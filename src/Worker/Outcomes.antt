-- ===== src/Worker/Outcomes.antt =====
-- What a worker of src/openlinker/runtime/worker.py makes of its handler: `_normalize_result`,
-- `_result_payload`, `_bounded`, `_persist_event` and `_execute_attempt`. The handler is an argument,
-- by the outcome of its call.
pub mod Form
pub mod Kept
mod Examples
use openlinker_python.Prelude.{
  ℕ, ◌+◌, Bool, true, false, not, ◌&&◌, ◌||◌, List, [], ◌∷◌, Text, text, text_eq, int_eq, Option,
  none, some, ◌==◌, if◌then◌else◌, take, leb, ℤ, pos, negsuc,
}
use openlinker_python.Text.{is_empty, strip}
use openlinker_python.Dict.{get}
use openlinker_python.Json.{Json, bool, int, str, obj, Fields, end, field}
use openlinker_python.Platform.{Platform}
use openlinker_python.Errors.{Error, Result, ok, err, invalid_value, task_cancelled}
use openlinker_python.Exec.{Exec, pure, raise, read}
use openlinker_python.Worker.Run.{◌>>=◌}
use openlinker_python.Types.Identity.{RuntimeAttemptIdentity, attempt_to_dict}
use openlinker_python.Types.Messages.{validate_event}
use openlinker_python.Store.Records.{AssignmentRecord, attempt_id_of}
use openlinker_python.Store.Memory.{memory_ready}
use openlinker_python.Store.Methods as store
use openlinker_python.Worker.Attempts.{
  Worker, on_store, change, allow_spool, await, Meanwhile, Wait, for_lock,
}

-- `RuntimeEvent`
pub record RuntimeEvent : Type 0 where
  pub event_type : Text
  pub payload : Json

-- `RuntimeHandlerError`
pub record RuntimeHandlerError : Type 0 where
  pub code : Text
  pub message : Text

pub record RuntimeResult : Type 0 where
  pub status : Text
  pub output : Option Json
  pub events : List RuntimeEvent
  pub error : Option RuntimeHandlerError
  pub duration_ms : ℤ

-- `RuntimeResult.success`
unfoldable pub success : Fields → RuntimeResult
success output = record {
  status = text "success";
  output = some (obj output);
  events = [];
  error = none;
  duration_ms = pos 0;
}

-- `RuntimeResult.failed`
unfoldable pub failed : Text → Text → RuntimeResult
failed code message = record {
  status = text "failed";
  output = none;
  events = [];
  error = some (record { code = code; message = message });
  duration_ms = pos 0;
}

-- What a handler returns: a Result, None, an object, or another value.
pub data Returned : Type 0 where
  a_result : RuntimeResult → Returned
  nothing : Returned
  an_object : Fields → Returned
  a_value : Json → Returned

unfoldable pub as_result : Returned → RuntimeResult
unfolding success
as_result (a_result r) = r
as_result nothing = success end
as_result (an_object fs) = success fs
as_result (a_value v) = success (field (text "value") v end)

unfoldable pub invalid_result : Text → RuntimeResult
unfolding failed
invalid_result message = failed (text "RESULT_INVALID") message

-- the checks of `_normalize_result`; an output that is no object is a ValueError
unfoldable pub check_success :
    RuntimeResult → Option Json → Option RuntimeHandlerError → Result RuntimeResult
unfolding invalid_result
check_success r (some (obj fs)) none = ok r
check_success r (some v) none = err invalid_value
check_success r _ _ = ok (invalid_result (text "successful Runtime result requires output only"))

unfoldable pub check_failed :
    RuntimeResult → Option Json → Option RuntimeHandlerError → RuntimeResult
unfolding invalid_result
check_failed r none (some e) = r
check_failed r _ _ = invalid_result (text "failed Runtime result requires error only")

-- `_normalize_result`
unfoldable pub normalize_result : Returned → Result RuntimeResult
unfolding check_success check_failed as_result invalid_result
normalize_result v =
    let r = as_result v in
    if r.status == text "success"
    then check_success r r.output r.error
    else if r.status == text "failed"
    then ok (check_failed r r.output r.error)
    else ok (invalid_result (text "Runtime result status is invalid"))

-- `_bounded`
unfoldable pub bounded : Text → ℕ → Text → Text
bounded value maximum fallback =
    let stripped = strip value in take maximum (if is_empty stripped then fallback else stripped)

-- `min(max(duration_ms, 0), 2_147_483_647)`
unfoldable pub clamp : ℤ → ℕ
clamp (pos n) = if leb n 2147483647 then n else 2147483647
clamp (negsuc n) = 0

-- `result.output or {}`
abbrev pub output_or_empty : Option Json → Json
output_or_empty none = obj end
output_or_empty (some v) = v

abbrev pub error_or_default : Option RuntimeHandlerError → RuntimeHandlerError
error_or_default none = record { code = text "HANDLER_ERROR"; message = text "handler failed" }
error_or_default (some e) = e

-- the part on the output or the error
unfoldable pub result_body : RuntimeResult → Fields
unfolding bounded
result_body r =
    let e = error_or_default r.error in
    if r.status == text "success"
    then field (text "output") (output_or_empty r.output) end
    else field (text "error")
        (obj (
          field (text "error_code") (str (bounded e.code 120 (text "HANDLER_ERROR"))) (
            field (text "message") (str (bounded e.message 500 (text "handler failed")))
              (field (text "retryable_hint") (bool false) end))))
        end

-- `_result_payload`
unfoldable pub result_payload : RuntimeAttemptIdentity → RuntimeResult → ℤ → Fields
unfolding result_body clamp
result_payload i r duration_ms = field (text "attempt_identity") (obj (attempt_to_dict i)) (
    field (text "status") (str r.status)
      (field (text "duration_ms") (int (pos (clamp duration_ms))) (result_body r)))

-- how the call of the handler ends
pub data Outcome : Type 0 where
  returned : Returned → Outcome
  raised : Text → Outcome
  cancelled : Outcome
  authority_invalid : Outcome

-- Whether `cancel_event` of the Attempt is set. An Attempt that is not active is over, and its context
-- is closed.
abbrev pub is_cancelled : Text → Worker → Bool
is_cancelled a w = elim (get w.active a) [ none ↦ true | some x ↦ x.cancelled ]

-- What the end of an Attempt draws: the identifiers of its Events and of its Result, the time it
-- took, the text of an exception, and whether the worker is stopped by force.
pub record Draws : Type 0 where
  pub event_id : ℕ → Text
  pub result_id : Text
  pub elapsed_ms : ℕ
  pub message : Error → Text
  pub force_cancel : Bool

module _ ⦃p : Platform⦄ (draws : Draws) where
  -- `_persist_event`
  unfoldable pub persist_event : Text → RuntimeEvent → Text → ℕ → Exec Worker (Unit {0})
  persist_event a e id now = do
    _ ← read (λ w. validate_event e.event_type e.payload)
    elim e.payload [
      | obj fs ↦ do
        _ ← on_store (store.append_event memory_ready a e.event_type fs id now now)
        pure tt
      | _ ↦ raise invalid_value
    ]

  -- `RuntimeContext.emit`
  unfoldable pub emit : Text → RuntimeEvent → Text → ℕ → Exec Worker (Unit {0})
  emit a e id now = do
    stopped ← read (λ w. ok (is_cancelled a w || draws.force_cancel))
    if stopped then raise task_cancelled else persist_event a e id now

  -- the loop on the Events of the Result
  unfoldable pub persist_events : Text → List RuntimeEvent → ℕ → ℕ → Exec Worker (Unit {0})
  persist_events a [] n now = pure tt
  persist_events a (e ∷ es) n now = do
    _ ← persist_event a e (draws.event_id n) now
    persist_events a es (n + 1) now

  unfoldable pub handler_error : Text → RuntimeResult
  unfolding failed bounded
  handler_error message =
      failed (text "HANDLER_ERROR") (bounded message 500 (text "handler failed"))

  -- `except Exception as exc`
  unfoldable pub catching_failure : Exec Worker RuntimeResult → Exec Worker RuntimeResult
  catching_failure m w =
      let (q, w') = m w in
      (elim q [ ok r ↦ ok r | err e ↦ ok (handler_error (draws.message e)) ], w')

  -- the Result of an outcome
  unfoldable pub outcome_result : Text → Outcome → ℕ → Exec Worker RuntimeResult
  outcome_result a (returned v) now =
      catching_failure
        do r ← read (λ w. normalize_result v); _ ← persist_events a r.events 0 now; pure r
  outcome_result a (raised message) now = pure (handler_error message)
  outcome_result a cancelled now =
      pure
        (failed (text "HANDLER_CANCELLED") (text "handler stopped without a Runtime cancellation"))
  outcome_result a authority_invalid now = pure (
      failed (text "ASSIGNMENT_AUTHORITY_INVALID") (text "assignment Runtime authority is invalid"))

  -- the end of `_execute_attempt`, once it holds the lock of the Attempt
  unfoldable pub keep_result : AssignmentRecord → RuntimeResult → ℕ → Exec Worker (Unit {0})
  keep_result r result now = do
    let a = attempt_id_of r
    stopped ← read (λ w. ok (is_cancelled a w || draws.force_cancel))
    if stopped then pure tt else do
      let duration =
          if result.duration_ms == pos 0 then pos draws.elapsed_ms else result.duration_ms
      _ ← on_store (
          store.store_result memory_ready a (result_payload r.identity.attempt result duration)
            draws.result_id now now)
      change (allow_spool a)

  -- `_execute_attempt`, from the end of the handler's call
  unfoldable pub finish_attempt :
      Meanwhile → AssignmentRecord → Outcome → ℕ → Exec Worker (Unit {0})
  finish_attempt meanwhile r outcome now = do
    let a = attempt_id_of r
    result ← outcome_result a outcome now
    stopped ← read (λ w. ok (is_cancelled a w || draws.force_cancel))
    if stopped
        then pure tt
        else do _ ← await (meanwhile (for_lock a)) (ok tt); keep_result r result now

++++++++

Each line from the one containing "outcome_result a authority_invalid" through the end of the material should be restated word for word; leave out every line before it.

- TASK OUTPUT
  outcome_result a authority_invalid now = pure (
      failed (text "ASSIGNMENT_AUTHORITY_INVALID") (text "assignment Runtime authority is invalid"))

  -- the end of `_execute_attempt`, once it holds the lock of the Attempt
  unfoldable pub keep_result : AssignmentRecord → RuntimeResult → ℕ → Exec Worker (Unit {0})
  keep_result r result now = do
    let a = attempt_id_of r
    stopped ← read (λ w. ok (is_cancelled a w || draws.force_cancel))
    if stopped then pure tt else do
      let duration =
          if result.duration_ms == pos 0 then pos draws.elapsed_ms else result.duration_ms
      _ ← on_store (
          store.store_result memory_ready a (result_payload r.identity.attempt result duration)
            draws.result_id now now)
      change (allow_spool a)

  -- `_execute_attempt`, from the end of the handler's call
  unfoldable pub finish_attempt :
      Meanwhile → AssignmentRecord → Outcome → ℕ → Exec Worker (Unit {0})
  finish_attempt meanwhile r outcome now = do
    let a = attempt_id_of r
    result ← outcome_result a outcome now
    stopped ← read (λ w. ok (is_cancelled a w || draws.force_cancel))
    if stopped
        then pure tt
        else do _ ← await (meanwhile (for_lock a)) (ok tt); keep_result r result now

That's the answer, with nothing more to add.